* **MATERIAL PROVIDED**
-- ===== src/Kip.antt =====
-- The table of settings inside the file hoc.kip, as Source/ryazha-clk/sysmodule/src/file/kip.hpp finds,
-- reads and writes it. A file is the list of its bytes; `none` where it cannot be opened. Reading and
-- writing an open file does not fail.
pub mod Key
pub mod Field
pub mod Copied
pub mod Find
pub mod Table
pub mod Words
pub mod Data
use rcu.Base.{
  ℕ, zero, suc, ◌+◌, ◌-◌, ◌*◌, ◌/◌, ◌%◌, ◌^◌, Bool, true, false, ◌&&◌, Option, none, some, List, [],
  ◌∷◌, ◌++◌, ltb, leb, ◌==◌, if◌then◌else◌, length, take, drop, u32,
}

-- `memcmp(…, "CUST", 4) == 0`, where at least four bytes follow.
unfoldable pub is_magic : List ℕ → Bool
is_magic (a ∷ b ∷ c ∷ d ∷ rest) = a == b'C' && b == b'U' && c == b'S' && d == b'T'
is_magic rest = false

-- The loop of `cust_find_offset` over the bytes that one `fread` gives: this place if the magic is
-- here, otherwise what the places after it give.
abbrev pub here_or_later : Bool → Option ℕ → Option ℕ
here_or_later true later = some 0
here_or_later false none = none
here_or_later false (some i) = some (suc i)

unfoldable pub scan : List ℕ → Option ℕ
scan [] = none
scan (x ∷ xs) = here_or_later (is_magic (x ∷ xs)) (scan xs)

abbrev pub buffer_size : ℕ
buffer_size = 512

-- The outer loop from `pos` on, with fuel for its rounds; `none` means that the fuel ran out, and
-- `some none` is `false`.
unfoldable pub find_from : ℕ → ℕ → List ℕ → Option (Option ℕ)
find_from zero pos file = none
find_from (suc fuel) pos file =
    let buf = take buffer_size (drop pos file) in
    let next = find_from fuel (pos + (length buf - 3)) file in
    if ltb (length buf) 4
    then some none
    else elim (scan buf) [ none ↦ next | some i ↦ some (some (pos + i)) ]

-- `cust_find_offset`.
unfoldable pub cust_find_offset : List ℕ → Option ℕ
cust_find_offset file = elim (find_from (suc (length file)) 0 file) [
  | none ↦ none
  | some found ↦ found
]

-- `sizeof(CustomizeTable)`.
abbrev pub table_size : ℕ
table_size = 656

-- `cust_read_table`, from where the offset is known.
unfoldable pub read_at : List ℕ → Option ℕ → Option (List ℕ)
read_at file none = none
read_at file (some off) =
    if ltb (length file) (off + table_size)
    then none
    else let table = take table_size (drop off file) in if is_magic table then some table else none

-- `cust_read_table` and `cust_read_and_cache`.
unfoldable pub cust_read_table : Option (List ℕ) → Option (List ℕ)
cust_read_table none = none
cust_read_table (some file) = read_at file (cust_find_offset file)

-- The file with the table in place of as many bytes from an offset on.
abbrev pub overwrite : ℕ → List ℕ → List ℕ → List ℕ
overwrite off table file = take off file ++ (table ++ drop (off + length table) file)

unfoldable pub write_at : List ℕ → List ℕ → Option ℕ → Option (List ℕ)
write_at table file none = none
write_at table file (some off) =
    if ltb (length file) (off + table_size) then none else some (overwrite off table file)

-- `cust_write_table`: the new file, or `none` for `false`.
unfoldable pub cust_write_table : List ℕ → Option (List ℕ) → Option (List ℕ)
cust_write_table table none = none
cust_write_table table (some file) = write_at table file (cust_find_offset file)

-- A field of the table, and the table with another value in it: 32 bits, the low byte first.
abbrev pub bytes_of : ℕ → List ℕ → List ℕ
bytes_of v rest = v % 2 ^ 8 ∷ v / 2 ^ 8 % 2 ^ 8 ∷ v / 2 ^ 16 % 2 ^ 8 ∷ v / 2 ^ 24 % 2 ^ 8 ∷ rest

unfoldable pub word : ℕ → List ℕ → ℕ
word zero (a ∷ b ∷ c ∷ d ∷ rest) = a + b * 2 ^ 8 + c * 2 ^ 16 + d * 2 ^ 24
word (suc w) (a ∷ b ∷ c ∷ d ∷ rest) = word w rest
word w rest = 0

unfoldable pub put_word : ℕ → ℕ → List ℕ → List ℕ
put_word zero v (a ∷ b ∷ c ∷ d ∷ rest) = bytes_of v rest
put_word (suc w) v (a ∷ b ∷ c ∷ d ∷ rest) = a ∷ b ∷ c ∷ d ∷ put_word w v rest
put_word w v rest = rest
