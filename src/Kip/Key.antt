-- ===== src/Kip/Key.antt =====
-- The enumerators of `HocClkConfigValue` for the kip settings, with their values; of the GPU voltages
-- the first of each SoC, whose others follow it (Source/ryazha-clk/common/include/hocclk/config.h).
use rcu.Base.{ℕ}
pub use rcu.Config.Key.{
  erista_cpu_uv, g_volt_e_76800, mariko_cpu_uv_high, mariko_cpu_uv_low, mariko_gpu_uv, table_conf,
}

abbrev pub cust_rev : ℕ
cust_rev = 31

abbrev pub kip_version : ℕ
kip_version = 32

abbrev pub hp_mode : ℕ
hp_mode = 33

abbrev pub common_emc_mem_volt : ℕ
common_emc_mem_volt = 34

abbrev pub erista_emc_max_clock : ℕ
erista_emc_max_clock = 35

abbrev pub step_mode : ℕ
step_mode = 36

abbrev pub mariko_emc_max_clock : ℕ
mariko_emc_max_clock = 37

abbrev pub mariko_emc_vddq_volt : ℕ
mariko_emc_vddq_volt = 38

abbrev pub emc_dvb_shift : ℕ
emc_dvb_shift = 39

abbrev pub mariko_soc_vmax : ℕ
mariko_soc_vmax = 40

abbrev pub t1_trcd : ℕ
t1_trcd = 41

abbrev pub t2_trp : ℕ
t2_trp = 42

abbrev pub t3_tras : ℕ
t3_tras = 43

abbrev pub t4_trrd : ℕ
t4_trrd = 44

abbrev pub t5_trfc : ℕ
t5_trfc = 45

abbrev pub t6_trtw : ℕ
t6_trtw = 46

abbrev pub t7_twtr : ℕ
t7_twtr = 47

abbrev pub t8_trefi : ℕ
t8_trefi = 48

abbrev pub timing_emc_tbreak : ℕ
timing_emc_tbreak = 49

abbrev pub low_t6_trtw : ℕ
low_t6_trtw = 50

abbrev pub low_t7_twtr : ℕ
low_t7_twtr = 51

abbrev pub t2_trp_cap : ℕ
t2_trp_cap = 52

abbrev pub read_latency_1333 : ℕ
read_latency_1333 = 53

abbrev pub read_latency_1600 : ℕ
read_latency_1600 = 54

abbrev pub read_latency_1866 : ℕ
read_latency_1866 = 55

abbrev pub read_latency_2133 : ℕ
read_latency_2133 = 56

abbrev pub write_latency_1333 : ℕ
write_latency_1333 = 57

abbrev pub write_latency_1600 : ℕ
write_latency_1600 = 58

abbrev pub write_latency_1866 : ℕ
write_latency_1866 = 59

abbrev pub write_latency_2133 : ℕ
write_latency_2133 = 60

abbrev pub erista_cpu_vmin : ℕ
erista_cpu_vmin = 62

abbrev pub erista_cpu_max_volt : ℕ
erista_cpu_max_volt = 63

abbrev pub erista_cpu_unlock : ℕ
erista_cpu_unlock = 64

abbrev pub mariko_cpu_low_vmin : ℕ
mariko_cpu_low_vmin = 68

abbrev pub mariko_cpu_high_vmin : ℕ
mariko_cpu_high_vmin = 69

abbrev pub mariko_cpu_max_volt : ℕ
mariko_cpu_max_volt = 70

abbrev pub mariko_cpu_max_clock : ℕ
mariko_cpu_max_clock = 71

abbrev pub erista_cpu_boost_clock : ℕ
erista_cpu_boost_clock = 72

abbrev pub mariko_cpu_boost_clock : ℕ
mariko_cpu_boost_clock = 73

abbrev pub erista_gpu_uv : ℕ
erista_gpu_uv = 74

abbrev pub erista_gpu_vmin : ℕ
erista_gpu_vmin = 75

abbrev pub mariko_gpu_vmin : ℕ
mariko_gpu_vmin = 77

abbrev pub mariko_gpu_boot_volt : ℕ
mariko_gpu_boot_volt = 78

abbrev pub mariko_gpu_vmax : ℕ
mariko_gpu_vmax = 79

abbrev pub common_gpu_volt_offset : ℕ
common_gpu_volt_offset = 80

abbrev pub g_volt_76800 : ℕ
g_volt_76800 = 81

abbrev pub t6_trtw_fine_tune : ℕ
t6_trtw_fine_tune = 132

abbrev pub t7_twtr_fine_tune : ℕ
t7_twtr_fine_tune = 133

abbrev pub kip_crc32 : ℕ
kip_crc32 = 134
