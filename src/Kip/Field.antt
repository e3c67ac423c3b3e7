-- ===== src/Kip/Field.antt =====
-- The fields of `CustomizeTable`, by the place of their 32-bit word in the table; an array by that of
-- its first word (Source/ryazha-clk/sysmodule/src/file/kip.hpp). `word_count` is the length of the table.
use rcu.Base.{ℕ}

abbrev pub cust_rev : ℕ
cust_rev = 1

abbrev pub kip_version : ℕ
kip_version = 2

abbrev pub hp_mode : ℕ
hp_mode = 3

abbrev pub common_emc_mem_volt : ℕ
common_emc_mem_volt = 4

abbrev pub erista_emc_max_clock : ℕ
erista_emc_max_clock = 5

abbrev pub step_mode : ℕ
step_mode = 6

abbrev pub mariko_emc_max_clock : ℕ
mariko_emc_max_clock = 7

abbrev pub mariko_emc_vddq_volt : ℕ
mariko_emc_vddq_volt = 8

abbrev pub emc_dvb_shift : ℕ
emc_dvb_shift = 9

abbrev pub mariko_soc_vmax : ℕ
mariko_soc_vmax = 10

abbrev pub t1_trcd : ℕ
t1_trcd = 11

abbrev pub t2_trp : ℕ
t2_trp = 12

abbrev pub t3_tras : ℕ
t3_tras = 13

abbrev pub t4_trrd : ℕ
t4_trrd = 14

abbrev pub t5_trfc : ℕ
t5_trfc = 15

abbrev pub t6_trtw : ℕ
t6_trtw = 16

abbrev pub t7_twtr : ℕ
t7_twtr = 17

abbrev pub t8_trefi : ℕ
t8_trefi = 18

abbrev pub t2_trp_cap : ℕ
t2_trp_cap = 19

abbrev pub timing_emc_tbreak : ℕ
timing_emc_tbreak = 20

abbrev pub low_t6_trtw : ℕ
low_t6_trtw = 21

abbrev pub low_t7_twtr : ℕ
low_t7_twtr = 22

abbrev pub read_latency_1333 : ℕ
read_latency_1333 = 23

abbrev pub read_latency_1600 : ℕ
read_latency_1600 = 24

abbrev pub read_latency_1866 : ℕ
read_latency_1866 = 25

abbrev pub read_latency_2133 : ℕ
read_latency_2133 = 26

abbrev pub write_latency_1333 : ℕ
write_latency_1333 = 27

abbrev pub write_latency_1600 : ℕ
write_latency_1600 = 28

abbrev pub write_latency_1866 : ℕ
write_latency_1866 = 29

abbrev pub write_latency_2133 : ℕ
write_latency_2133 = 30

abbrev pub erista_cpu_uv : ℕ
erista_cpu_uv = 31

abbrev pub erista_cpu_vmin : ℕ
erista_cpu_vmin = 32

abbrev pub erista_cpu_max_volt : ℕ
erista_cpu_max_volt = 33

abbrev pub erista_cpu_unlock : ℕ
erista_cpu_unlock = 34

abbrev pub mariko_cpu_uv_low : ℕ
mariko_cpu_uv_low = 35

abbrev pub mariko_cpu_uv_high : ℕ
mariko_cpu_uv_high = 36

abbrev pub table_conf : ℕ
table_conf = 37

abbrev pub mariko_cpu_low_vmin : ℕ
mariko_cpu_low_vmin = 38

abbrev pub mariko_cpu_high_vmin : ℕ
mariko_cpu_high_vmin = 39

abbrev pub mariko_cpu_max_volt : ℕ
mariko_cpu_max_volt = 40

abbrev pub mariko_cpu_max_clock : ℕ
mariko_cpu_max_clock = 41

abbrev pub erista_cpu_boost_clock : ℕ
erista_cpu_boost_clock = 42

abbrev pub mariko_cpu_boost_clock : ℕ
mariko_cpu_boost_clock = 43

abbrev pub erista_gpu_uv : ℕ
erista_gpu_uv = 44

abbrev pub erista_gpu_vmin : ℕ
erista_gpu_vmin = 45

abbrev pub mariko_gpu_uv : ℕ
mariko_gpu_uv = 46

abbrev pub mariko_gpu_vmin : ℕ
mariko_gpu_vmin = 47

abbrev pub mariko_gpu_boot_volt : ℕ
mariko_gpu_boot_volt = 48

abbrev pub mariko_gpu_vmax : ℕ
mariko_gpu_vmax = 49

abbrev pub common_gpu_volt_offset : ℕ
common_gpu_volt_offset = 50

abbrev pub erista_gpu_volt_array : ℕ
erista_gpu_volt_array = 51

abbrev pub mariko_gpu_volt_array : ℕ
mariko_gpu_volt_array = 78

abbrev pub t6_trtw_fine_tune : ℕ
t6_trtw_fine_tune = 102

abbrev pub t7_twtr_fine_tune : ℕ
t7_twtr_fine_tune = 103

abbrev pub word_count : ℕ
word_count = 164
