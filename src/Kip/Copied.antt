-- ===== src/Kip/Copied.antt =====
-- Which field of the kip's table belongs to which setting: in the order in which `SetKipData` copies
-- the settings into the table, and in the order in which `GetKipData` copies the table into the
-- settings (Source/ryazha-clk/sysmodule/src/file/kip.cpp).
use rcu.Base.{ℕ, zero, suc, ◌+◌, List, [], ◌∷◌, ◌++◌}
use rcu.Kip.Key
use rcu.Kip.Field

-- A loop over an array: fields in a row, and settings in a row.
abbrev pub array : ℕ → ℕ → ℕ → List (ℕ × ℕ)
array w k zero = []
array w k (suc n) = (w, k) ∷ array (w + 1) (k + 1) n

-- `for (int i = 0; i < 24; i++)` and `for (int i = 0; i < 27; i++)`, the same in both functions.
abbrev pub gpu_volts : List (ℕ × ℕ)
gpu_volts =
    array Field.mariko_gpu_volt_array Key.g_volt_76800 24
    ++ array Field.erista_gpu_volt_array Key.g_volt_e_76800 27

-- The fields that `SetKipData` writes.
abbrev pub written : List (ℕ × ℕ)
written =
    (Field.hp_mode, Key.hp_mode)
    ∷ (Field.common_emc_mem_volt, Key.common_emc_mem_volt)
    ∷ (Field.erista_emc_max_clock, Key.erista_emc_max_clock)
    ∷ (Field.mariko_emc_max_clock, Key.mariko_emc_max_clock)
    ∷ (Field.mariko_emc_vddq_volt, Key.mariko_emc_vddq_volt)
    ∷ (Field.emc_dvb_shift, Key.emc_dvb_shift)
    ∷ (Field.mariko_soc_vmax, Key.mariko_soc_vmax)
    ∷ (Field.t1_trcd, Key.t1_trcd)
    ∷ (Field.t2_trp, Key.t2_trp)
    ∷ (Field.t3_tras, Key.t3_tras)
    ∷ (Field.t4_trrd, Key.t4_trrd)
    ∷ (Field.t5_trfc, Key.t5_trfc)
    ∷ (Field.t6_trtw, Key.t6_trtw)
    ∷ (Field.t7_twtr, Key.t7_twtr)
    ∷ (Field.t8_trefi, Key.t8_trefi)
    ∷ (Field.step_mode, Key.step_mode)
    ∷ (Field.timing_emc_tbreak, Key.timing_emc_tbreak)
    ∷ (Field.low_t6_trtw, Key.low_t6_trtw)
    ∷ (Field.low_t7_twtr, Key.low_t7_twtr)
    ∷ (Field.t2_trp_cap, Key.t2_trp_cap)
    ∷ (Field.read_latency_1333, Key.read_latency_1333)
    ∷ (Field.read_latency_1600, Key.read_latency_1600)
    ∷ (Field.read_latency_1866, Key.read_latency_1866)
    ∷ (Field.read_latency_2133, Key.read_latency_2133)
    ∷ (Field.write_latency_1333, Key.write_latency_1333)
    ∷ (Field.write_latency_1600, Key.write_latency_1600)
    ∷ (Field.write_latency_1866, Key.write_latency_1866)
    ∷ (Field.write_latency_2133, Key.write_latency_2133)
    ∷ (Field.erista_cpu_uv, Key.erista_cpu_uv)
    ∷ (Field.erista_cpu_vmin, Key.erista_cpu_vmin)
    ∷ (Field.erista_cpu_max_volt, Key.erista_cpu_max_volt)
    ∷ (Field.erista_cpu_unlock, Key.erista_cpu_unlock)
    ∷ (Field.mariko_cpu_uv_low, Key.mariko_cpu_uv_low)
    ∷ (Field.mariko_cpu_uv_high, Key.mariko_cpu_uv_high)
    ∷ (Field.table_conf, Key.table_conf)
    ∷ (Field.mariko_cpu_low_vmin, Key.mariko_cpu_low_vmin)
    ∷ (Field.mariko_cpu_high_vmin, Key.mariko_cpu_high_vmin)
    ∷ (Field.mariko_cpu_max_volt, Key.mariko_cpu_max_volt)
    ∷ (Field.mariko_cpu_max_clock, Key.mariko_cpu_max_clock)
    ∷ (Field.erista_cpu_boost_clock, Key.erista_cpu_boost_clock)
    ∷ (Field.mariko_cpu_boost_clock, Key.mariko_cpu_boost_clock)
    ∷ (Field.erista_gpu_uv, Key.erista_gpu_uv)
    ∷ (Field.erista_gpu_vmin, Key.erista_gpu_vmin)
    ∷ (Field.mariko_gpu_uv, Key.mariko_gpu_uv)
    ∷ (Field.mariko_gpu_vmin, Key.mariko_gpu_vmin)
    ∷ (Field.mariko_gpu_boot_volt, Key.mariko_gpu_boot_volt)
    ∷ (Field.mariko_gpu_vmax, Key.mariko_gpu_vmax)
    ∷ (Field.common_gpu_volt_offset, Key.common_gpu_volt_offset)
    ∷ (gpu_volts
        ++ ((Field.t6_trtw_fine_tune, Key.t6_trtw_fine_tune)
            ∷ (Field.t7_twtr_fine_tune, Key.t7_twtr_fine_tune)
            ∷ []))

-- The fields that `GetKipData` reads.
abbrev pub read : List (ℕ × ℕ)
read =
    (Field.cust_rev, Key.cust_rev)
    ∷ (Field.kip_version, Key.kip_version)
    ∷ (Field.hp_mode, Key.hp_mode)
    ∷ (Field.common_emc_mem_volt, Key.common_emc_mem_volt)
    ∷ (Field.erista_emc_max_clock, Key.erista_emc_max_clock)
    ∷ (Field.mariko_emc_max_clock, Key.mariko_emc_max_clock)
    ∷ (Field.mariko_emc_vddq_volt, Key.mariko_emc_vddq_volt)
    ∷ (Field.emc_dvb_shift, Key.emc_dvb_shift)
    ∷ (Field.mariko_soc_vmax, Key.mariko_soc_vmax)
    ∷ (Field.t1_trcd, Key.t1_trcd)
    ∷ (Field.t2_trp, Key.t2_trp)
    ∷ (Field.t3_tras, Key.t3_tras)
    ∷ (Field.t4_trrd, Key.t4_trrd)
    ∷ (Field.t5_trfc, Key.t5_trfc)
    ∷ (Field.t6_trtw, Key.t6_trtw)
    ∷ (Field.t7_twtr, Key.t7_twtr)
    ∷ (Field.t8_trefi, Key.t8_trefi)
    ∷ (Field.step_mode, Key.step_mode)
    ∷ (Field.timing_emc_tbreak, Key.timing_emc_tbreak)
    ∷ (Field.low_t6_trtw, Key.low_t6_trtw)
    ∷ (Field.low_t7_twtr, Key.low_t7_twtr)
    ∷ (Field.t2_trp_cap, Key.t2_trp_cap)
    ∷ (Field.read_latency_1333, Key.read_latency_1333)
    ∷ (Field.read_latency_1600, Key.read_latency_1600)
    ∷ (Field.read_latency_1866, Key.read_latency_1866)
    ∷ (Field.read_latency_2133, Key.read_latency_2133)
    ∷ (Field.write_latency_1333, Key.write_latency_1333)
    ∷ (Field.write_latency_1600, Key.write_latency_1600)
    ∷ (Field.write_latency_1866, Key.write_latency_1866)
    ∷ (Field.write_latency_2133, Key.write_latency_2133)
    ∷ (Field.erista_cpu_uv, Key.erista_cpu_uv)
    ∷ (Field.erista_cpu_vmin, Key.erista_cpu_vmin)
    ∷ (Field.erista_cpu_max_volt, Key.erista_cpu_max_volt)
    ∷ (Field.erista_cpu_unlock, Key.erista_cpu_unlock)
    ∷ (Field.mariko_cpu_uv_low, Key.mariko_cpu_uv_low)
    ∷ (Field.mariko_cpu_uv_high, Key.mariko_cpu_uv_high)
    ∷ (Field.table_conf, Key.table_conf)
    ∷ (Field.mariko_cpu_low_vmin, Key.mariko_cpu_low_vmin)
    ∷ (Field.mariko_cpu_high_vmin, Key.mariko_cpu_high_vmin)
    ∷ (Field.mariko_cpu_max_volt, Key.mariko_cpu_max_volt)
    ∷ (Field.mariko_cpu_max_clock, Key.mariko_cpu_max_clock)
    ∷ (Field.erista_cpu_boost_clock, Key.erista_cpu_boost_clock)
    ∷ (Field.mariko_cpu_boost_clock, Key.mariko_cpu_boost_clock)
    ∷ (Field.erista_gpu_uv, Key.erista_gpu_uv)
    ∷ (Field.erista_gpu_vmin, Key.erista_gpu_vmin)
    ∷ (Field.mariko_gpu_uv, Key.mariko_gpu_uv)
    ∷ (Field.mariko_gpu_vmin, Key.mariko_gpu_vmin)
    ∷ (Field.mariko_gpu_boot_volt, Key.mariko_gpu_boot_volt)
    ∷ (Field.mariko_gpu_vmax, Key.mariko_gpu_vmax)
    ∷ (Field.common_gpu_volt_offset, Key.common_gpu_volt_offset)
    ∷ (gpu_volts
        ++ ((Field.t7_twtr_fine_tune, Key.t7_twtr_fine_tune)
            ∷ (Field.t6_trtw_fine_tune, Key.t6_trtw_fine_tune)
            ∷ []))
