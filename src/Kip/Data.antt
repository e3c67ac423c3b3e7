-- ===== src/Kip/Data.antt =====
-- `SetKipData`, `GetKipData` and `MigrateKipData` of Source/ryazha-clk/sysmodule/src/file/kip.cpp. The
-- log and the texts of the notifications are left out.
pub mod Fields
pub mod Stored
pub mod Refused
use rcu.Base.{
  ℕ, ◌^◌, ◌%◌, Bool, true, false, not, ◌&&◌, ◌||◌, Option, none, some, List, [], ◌∷◌, ltb, leb,
  ◌==◌, ◌/=◌, if◌then◌else◌, u8, u32,
}
use rcu.Config.Values.{Values, put_value}
use rcu.Config.Store.{Ini, Config}
use rcu.Config.Write.{set_config_values}
use rcu.Config.Key.{is_first_load}
use rcu.Checksum.{checksum_file}
use rcu.Kip.{word, put_word, cust_read_table, cust_write_table}
use rcu.Kip.Key
use rcu.Kip.Field
use rcu.Kip.Copied.{written, read}

-- What `writeNotification` is called for.
pub data Note : Type 0 where
  opening_failed read_failed outdated_kip outdated_sysmodule write_failed config_set_failed : Note
  kip_updated installed : Note

-- The file hoc.kip, the globals, config.ini, the fields of the context that are set here, and the
-- notifications, the newest first.
pub record Kip (F : Type 0) : Type 0 where
  pub file : Option (List ℕ)
  pub available : Bool
  pub config : Config
  pub ini_file : F
  pub cust_rev : ℕ
  pub kip_version : ℕ
  pub notes : List Note

-- minIni, and whether hoc.kip can be opened for writing.
pub record Env (F : Type 0) : Type 0 where
  pub ini : Ini F
  pub can_write : Bool

abbrev pub note : {F : Type 0} → Note → Kip F → Kip F
note n k = record k { notes = n ∷ k.notes }

-- `CUST_REV` and `KIP_VERSION`, which the build defines.
abbrev pub cust_rev : ℕ
cust_rev = 4

abbrev pub kip_version : ℕ
kip_version = 240

-- The test of the versions: what is wrong, if something is.
unfoldable pub refusal : ℕ → ℕ → Option Note
refusal rev version =
    if ltb rev cust_rev || ltb version kip_version
    then some outdated_kip
    else if ltb cust_rev rev || ltb kip_version version
    then some outdated_sysmodule
    else none

-- The settings copied into the fields, in turn.
unfoldable pub put_fields : List (ℕ × ℕ) → Values → List ℕ → List ℕ
put_fields [] values t = t
put_fields ((w, k) ∷ fields) values t = put_fields fields values (put_word w (u32 (values k)) t)

-- The fields copied into the settings, in turn.
unfoldable pub get_fields : List (ℕ × ℕ) → List ℕ → Values → Values
get_fields [] t values = values
get_fields ((w, k) ∷ fields) t values = get_fields fields t (put_value k (word w t) values)

-- `if (!cust_write_table(…))`.
abbrev pub stored : {F : Type 0} → Option (List ℕ) → Kip F → Kip F
stored none k = note write_failed k
stored (some file) k = record k { file = some file }

-- `if (config::SetConfigValues(&configValues, true))`.
abbrev pub configured : {F : Type 0} → Bool × (F × Config) → Kip F → Kip F
configured (true, (ini_file, config)) k = record k { config = config; ini_file = ini_file }
configured (false, (ini_file, config)) k =
    note config_set_failed (record k { config = config; ini_file = ini_file })

-- The part of `SetKipData` after the table has been written, or not.
unfoldable pub save_checksum : {F : Type 0} → Env F → Kip F → Kip F
save_checksum env k =
    configured
      (set_config_values env.ini (put_value Key.kip_crc32 (checksum_file k.file) k.config.values)
        true k.ini_file k.config)
      k

-- The part after the test of the versions.
unfoldable pub write_settings : {F : Type 0} → Env F → List ℕ → Option Note → Kip F → Kip F
write_settings env table (some n) k = note n k
write_settings env table none k = save_checksum env (
    stored
      (if env.can_write
        then cust_write_table (put_fields written k.config.values table) k.file
        else none)
      k)

abbrev pub set_with : {F : Type 0} → Env F → Option (List ℕ) → Kip F → Kip F
set_with env none k = note read_failed k
set_with env (some table) k =
    write_settings env table (refusal (word Field.cust_rev table) (word Field.kip_version table)) k

-- By what `fopen` gives.
abbrev pub set_opened : {F : Type 0} → Env F → Option (List ℕ) → Kip F → Kip F
set_opened env none k = note opening_failed (record k { available = false })
set_opened env (some file) k =
    set_with env (cust_read_table (some file)) (record k { available = true })

-- `SetKipData`.
unfoldable pub set_kip_data : {F : Type 0} → Env F → Kip F → Kip F
set_kip_data env k = set_opened env k.file k

-- `MigrateKipData`, which ignores what `SetConfigValues` returns.
unfoldable pub migrate_kip_data : {F : Type 0} → Env F → ℕ → Kip F → Kip F
migrate_kip_data env version k =
    let old = k.config.values in
    let values =
      if ltb (u32 (old Key.kip_version)) 240 && leb 240 version
      then put_value Key.mariko_gpu_boot_volt 800 old
      else old in
    let (ini_file, config) = (set_config_values env.ini values true k.ini_file k.config).1 in
    record k { config = config; ini_file = ini_file }

-- The part of `GetKipData` after the test of the versions; `values` is `configValues`.
unfoldable pub read_settings : {F : Type 0} → Env F → List ℕ → Values → Option Note → Kip F → Kip F
read_settings env table values (some n) k = note n k
read_settings env table values none k =
    let versions =
      put_value Key.kip_version (word Field.kip_version table)
        (put_value Key.cust_rev (word Field.cust_rev table) values) in
    configured (set_config_values env.ini (get_fields read table versions) true k.ini_file k.config)
      (record k { kip_version = word Field.kip_version table % 2 ^ 16 })

-- The part from the first load on.
unfoldable pub read_table : {F : Type 0} → Env F → List ℕ → Kip F → Kip F
read_table env table k =
    let first = k.config.values is_first_load == 1 in
    let values = if first then put_value is_first_load 0 k.config.values else k.config.values in
    read_settings env table (put_value Key.kip_crc32 (checksum_file k.file) values)
      (refusal (word Field.cust_rev table) (word Field.kip_version table))
      (record (if first then note installed k else k) { cust_rev = u8 (word Field.cust_rev table) })

abbrev pub get_with : {F : Type 0} → Env F → Option (List ℕ) → Kip F → Kip F
get_with env none k = note read_failed k
get_with env (some table) k =
    if checksum_file k.file /= k.config.values Key.kip_crc32 && k.config.values is_first_load == 0
    then note kip_updated (set_kip_data env (migrate_kip_data env (word Field.kip_version table) k))
    else read_table env table k

abbrev pub get_opened : {F : Type 0} → Env F → Option (List ℕ) → Kip F → Kip F
get_opened env none k = note opening_failed (record k { available = false })
get_opened env (some file) k =
    get_with env (cust_read_table (some file)) (record k { available = true })

-- `GetKipData`.
unfoldable pub get_kip_data : {F : Type 0} → Env F → Kip F → Kip F
get_kip_data env k = get_opened env k.file k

* **EXERCISE DETAILS**
Repeat the records above line by line, from the first line through the line that contains "here_or_later false (some i) = some (suc i)".

* **SOLUTION TO THIS EXERCISE**
-- ===== src/Kip.antt =====
-- The table of settings inside the file hoc.kip, as Source/ryazha-clk/sysmodule/src/file/kip.hpp finds,
-- reads and writes it. A file is the list of its bytes; `none` where it cannot be opened. Reading and
-- writing an open file does not fail.
pub mod Key
pub mod Field
pub mod Copied
pub mod Find
pub mod Table
pub mod Words
pub mod Data
use rcu.Base.{
  ℕ, zero, suc, ◌+◌, ◌-◌, ◌*◌, ◌/◌, ◌%◌, ◌^◌, Bool, true, false, ◌&&◌, Option, none, some, List, [],
  ◌∷◌, ◌++◌, ltb, leb, ◌==◌, if◌then◌else◌, length, take, drop, u32,
}

-- `memcmp(…, "CUST", 4) == 0`, where at least four bytes follow.
unfoldable pub is_magic : List ℕ → Bool
is_magic (a ∷ b ∷ c ∷ d ∷ rest) = a == b'C' && b == b'U' && c == b'S' && d == b'T'
is_magic rest = false

-- The loop of `cust_find_offset` over the bytes that one `fread` gives: this place if the magic is
-- here, otherwise what the places after it give.
abbrev pub here_or_later : Bool → Option ℕ → Option ℕ
here_or_later true later = some 0
here_or_later false none = none
here_or_later false (some i) = some (suc i)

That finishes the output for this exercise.